Task to carry out: In the material below, tally the lines that include the string "refl", then write down only the total.

Supplied records:

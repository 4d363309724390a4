-- ===== src/Writer/Chain.antt =====
-- The specification of a header chain.
use clementine_citeria.Common.{ℕ, suc, ◌≡◌, List, [], ◌∷◌, Option, some, ◌>>=◌, length, refl, ap}
use clementine_citeria.Common.Bytes.{Bytes}
use clementine_citeria.Common.Words.{to_le_bytes}
use clementine_citeria.Hash.{Crypto}
use clementine_citeria.Bitcoin.{Header, BitcoinCrate}
use clementine_citeria.Circuit.Work.{validate_threshold_and_add_work}
use clementine_citeria.Circuit.Blocks.{HeaderWithoutPrevBlockHash, calculate_next_block_hash}

-- What the circuit keeps of a header.
abbrev pub without_prev : Header → HeaderWithoutPrevBlockHash
without_prev h = record {
  version = h.version;
  merkle_root = h.merkle_root;
  time = h.time;
  bits = h.bits;
  nonce = h.nonce;
}

module _ ⦃c : Crypto⦄ ⦃b : BitcoinCrate⦄ where
  -- Each header names the block before it.
  abbrev pub Linked : Bytes → List Header → Type 0
  Linked prev [] = Unit {0}
  Linked prev (h ∷ hs) = (h.prev_blockhash ≡ prev) × Linked (b.block_hash h) hs

  -- The hash of the last block, or of the one before the headers.
  unfoldable pub last_hash : Bytes → List Header → Bytes
  last_hash prev [] = prev
  last_hash prev (h ∷ hs) = last_hash (b.block_hash h) hs

  -- The work of the headers on top of a work; `none` where a header's proof of work is not valid.
  unfoldable pub chain_work : List Header → ℕ → Option ℕ
  chain_work [] work = some work
  chain_work (h ∷ hs) work =
      validate_threshold_and_add_work (to_le_bytes 4 h.bits) (b.block_hash h) work >>= λ work'.
      chain_work hs work'

  pub next_block_hash-linked :
      (prev : Bytes) (h : Header)
      → h.prev_blockhash ≡ prev
      → calculate_next_block_hash prev (without_prev h) ≡ b.block_hash h
  unfolding calculate_next_block_hash
  next_block_hash-linked prev h e = rw (b.block_hash_encoding h, e)

  unfoldable pub block_hashes : List Header → List Bytes
  block_hashes [] = []
  block_hashes (h ∷ hs) = b.block_hash h ∷ block_hashes hs

  pub length-block_hashes : (hs : List Header) → length (block_hashes hs) ≡ length hs
  unfolding block_hashes
  length-block_hashes [] = refl
  length-block_hashes (h ∷ hs) = ap suc (length-block_hashes hs)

Solution to this exercise: 2